Try it:
Pull from the data below each line where the word "Prelude" occurs, and copy it.

Supplied data:

'''

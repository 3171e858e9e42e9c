-- ===== src/Core/Hash3.antt =====
-- internal/core/hash3.go: the three layers of an anchor's hash and their comparison.
use keelage.Prelude.{Bool, true, not, ◌&&◌, ◌≡◌, ◌≢◌, ◌↔◌, [], arith, if◌then◌else◌}
use keelage.Prelude.Text.{Text, text_eq, text_eq_iff}

-- Hex digests.
pub record Hash3 : Type 0 where
  pub signature : Text
  pub body : Text
  pub file : Text

abbrev pub no_hash : Hash3
no_hash = record { signature = []; body = []; file = [] }

pub data HashChange : Type 0 where
  hash_none hash_file hash_body hash_signature : HashChange

-- `a.Cmp(b)`.
unfoldable pub cmp : Hash3 → Hash3 → HashChange
cmp a b =
    if not (text_eq a.signature b.signature)
    then hash_signature
    else if not (text_eq a.body b.body)
    then hash_body
    else if not (text_eq a.file b.file)
    then hash_file
    else hash_none

-- Go's `==` on the struct.
unfoldable pub hash_eq : Hash3 → Hash3 → Bool
hash_eq a b = text_eq a.signature b.signature && (text_eq a.body b.body && text_eq a.file b.file)

pub hash_eq_iff : (a b : Hash3) → (hash_eq a b ≡ true) ↔ (a ≡ b)
unfolding hash_eq
hash_eq_iff a b = ground (
  arith,
  text_eq_iff a.signature b.signature,
  text_eq_iff a.body b.body,
  text_eq_iff a.file b.file,
)

-- What each outcome of a comparison says: the layer named is the most significant that differs.
abbrev pub Differs : HashChange → Hash3 → Hash3 → Type 0
Differs hash_none a b = a ≡ b
Differs hash_file a b = (a.signature ≡ b.signature) × (a.body ≡ b.body) × (a.file ≢ b.file)
Differs hash_body a b = (a.signature ≡ b.signature) × (a.body ≢ b.body)
Differs hash_signature a b = a.signature ≢ b.signature

pub cmp-Differs : (a b : Hash3) → Differs (cmp a b) a b
unfolding cmp
cmp-Differs a b = ground (
  arith,
  text_eq_iff a.signature b.signature,
  text_eq_iff a.body b.body,
  text_eq_iff a.file b.file,
)
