-- ===== src/Foundry/Report/Approval.antt =====
-- `money`, the validator `finite` of `ReportApproval`, and `same_input`.
use apbra.Prelude.{
  ℕ, ◌+◌, ◌*◌, ◌≤◌, ◌≡◌, Bool, true, false, not, ◌&&◌, ◌||◌, List, [], ◌∷◌, String, str_eq, ◌==◌,
  ltb, leb, is_none, is_some, ok, ◌>>=◌, ◌>>◌, require, if◌then◌else◌, is_blank,
}
use apbra.Foundry.Report.Types.{
  requirement_analysis, report_design, profile_eq, Slot, confirmed, owner_confirm_pending,
  after_analysis, ReportApproval, ReportState, authorization_unavailable, Report,
}
use Prim.Native.Char.{code}

-- Python's `decimal` under `ROUND_CEILING`: `of_text` is `Decimal` of a text of digits, `le a b` is
-- `a <= b`, and `times a n` is `a * n`.
pub record Decimals : Type 1 where
  pub Amount : Type 0
  pub zero : Amount
  pub of_text : String → Amount
  pub add : Amount → Amount → Amount
  pub times : Amount → ℕ → Amount
  pub le : Amount → Amount → Bool

-- Amounts measured in a unit fine enough for all of them: comparison is exact, and what is rounded up
-- is no less than the exact sum or product.
pub record IsCeiling (D : Decimals) (units : D.Amount → ℕ) : Type 0 where
  pub zero_units : units D.zero ≡ 0
  pub le_units : (a b : D.Amount) → D.le a b ≡ true → units a ≤ units b
  pub add_units : (a b : D.Amount) → units a + units b ≤ units (D.add a b)
  pub times_units : (a : D.Amount) (n : ℕ) → n * units a ≤ units (D.times a n)

abbrev pub is_digit : ℕ → Bool
is_digit c = leb 48 c && leb c 57

-- `[0-9]*` to the end
abbrev pub are_digits : String → Bool
are_digits String.[] = true
are_digits (String.◌∷◌ c s) = is_digit (code c) && are_digits s

-- `[0-9]*(?:\.[0-9]+)?` to the end
abbrev pub is_money_rest : String → Bool
is_money_rest String.[] = true
is_money_rest (String.◌∷◌ c s) =
    let rest = is_money_rest s in
    if is_digit (code c) then rest else (code c == 46 && not (is_blank s) && are_digits s)

-- `re.fullmatch(r"[0-9]+(?:\.[0-9]+)?", value)`
unfoldable pub is_money : String → Bool
is_money String.[] = false
is_money (String.◌∷◌ c s) = is_digit (code c) && is_money_rest s

abbrev pub period : String
period = "2026-10"

-- 2026-11-01 in UTC
abbrev pub budget_end : ℕ
budget_end = 1_793_491_200

module _ (D : Decimals) where
  unfoldable pub money : String → Report D.Amount
  money value = do require (is_money value) authorization_unavailable; ok (D.of_text value)

  abbrev pub is_positive : D.Amount → Bool
  is_positive a = not (D.le a D.zero)

  -- The loop over the slots, with what is planned so far.
  unfoldable pub planned_from : ℕ → D.Amount → List Slot → Report D.Amount
  planned_from maximum planned [] = ok planned
  planned_from maximum planned (slot ∷ slots) = do
    require (leb slot.attempts maximum) authorization_unavailable
    bound ← money slot.all_in_attempt_aud
    require (is_positive bound) authorization_unavailable
    planned_from maximum (D.add planned (D.times bound slot.attempts)) slots

  -- `sequence == ("REPORT_DESIGN",)`
  abbrev pub is_design_only : List Slot → Bool
  is_design_only (slot ∷ []) = elim slot.stage [
    | requirement_analysis ↦ false
    | report_design ↦ true
  ]
  is_design_only _ = false

  abbrev pub is_analysis_first : List Slot → Bool
  is_analysis_first (slot ∷ []) = elim slot.stage [
    | requirement_analysis ↦ true
    | report_design ↦ false
  ]
  is_analysis_first (first ∷ second ∷ []) = elim first.stage [
    | report_design ↦ false
    | requirement_analysis ↦ elim second.stage [
      | requirement_analysis ↦ false
      | report_design ↦ true
    ]
  ]
  is_analysis_first _ = false

  abbrev pub is_mode_allowed : ReportApproval → Bool
  is_mode_allowed approval = elim approval.confirmation_mode [
    | confirmed ↦
        is_some approval.confirmed_contract_id && is_some approval.confirmed_contract_digest
    | owner_confirm_pending ↦
        is_none approval.confirmed_contract_id && is_none approval.confirmed_contract_digest
    | after_analysis ↦ false
  ]

  abbrev pub is_after_analysis : ReportApproval → Bool
  is_after_analysis approval = elim approval.confirmation_mode [
    | after_analysis ↦
        is_none approval.confirmed_contract_id
        && is_none approval.confirmed_contract_digest
        && is_none approval.expected_interpretation_id
        && is_none approval.expected_interpretation_digest
    | _ ↦ false
  ]

  abbrev pub has_expected : ReportApproval → Bool
  has_expected approval =
      is_some approval.expected_interpretation_id && is_some approval.expected_interpretation_digest

  abbrev pub minimum : ℕ → ℕ → ℕ
  minimum a b = if leb a b then a else b

  -- What is posted, exposed, reserved elsewhere and reserved here, added from zero.
  unfoldable pub total_of : ReportApproval → D.Amount → Report D.Amount
  total_of approval reserve = do
    posted ← money approval.posted_aud
    exposure ← money approval.unposted_exposure_aud
    outstanding ← money approval.outstanding_reserves_aud
    ok (D.add (D.add (D.add (D.add D.zero posted) exposure) outstanding) reserve)

  abbrev pub cap : D.Amount
  cap = D.of_text "10.00"

  -- The conditions before the money; `month now` is `time.strftime("%Y-%m", time.gmtime())`.
  unfoldable pub is_planned_report : (ℕ → String) → ℕ → ReportApproval → Bool
  is_planned_report month now approval =
      approval.binding.manual_authentication_approved
      && ltb now approval.binding.authorization_deadline
      && (str_eq approval.ledger_period period && str_eq (month now) period)
      && leb approval.binding.authorization_deadline budget_end
      && (is_design_only approval.slots || is_analysis_first approval.slots)
      && (if is_design_only approval.slots
          then has_expected approval && is_mode_allowed approval
          else is_after_analysis approval)

  abbrev pub most_attempts : ReportApproval → ℕ
  most_attempts approval =
      minimum approval.binding.provider_profile.max_calls_per_operation
        (approval.binding.provider_profile.retry_limit + 1)

  unfoldable pub finite : (ℕ → String) → ℕ → ReportApproval → Report (Unit {0})
  finite month now approval = do
    require (is_planned_report month now approval) authorization_unavailable
    planned ← planned_from (most_attempts approval) D.zero approval.slots
    reserve ← money approval.chain_reserve_aud
    require (D.le planned reserve && is_positive reserve) authorization_unavailable
    total ← total_of approval reserve
    require (D.le total cap) authorization_unavailable

unfoldable pub same_input : ReportApproval → ReportState → Bool
unfolding profile_eq
same_input approval state =
    state.settings_id == approval.settings_id
    && str_eq state.settings_digest approval.settings_digest
    && state.company_id == approval.binding.company_id
    && profile_eq state.profile approval.binding.provider_profile
    && is_none state.secret_reference_id
    && state.case_id == approval.case_id
    && state.request_version_id == approval.request_version_id
    && state.semantic_context_version == approval.semantic_context_version
    && str_eq state.input_digest approval.input_digest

'''

Solution:
use keelage.Prelude.{Bool, true, not, ◌&&◌, ◌≡◌, ◌≢◌, ◌↔◌, [], arith, if◌then◌else◌}
use keelage.Prelude.Text.{Text, text_eq, text_eq_iff}
use apbra.Prelude.{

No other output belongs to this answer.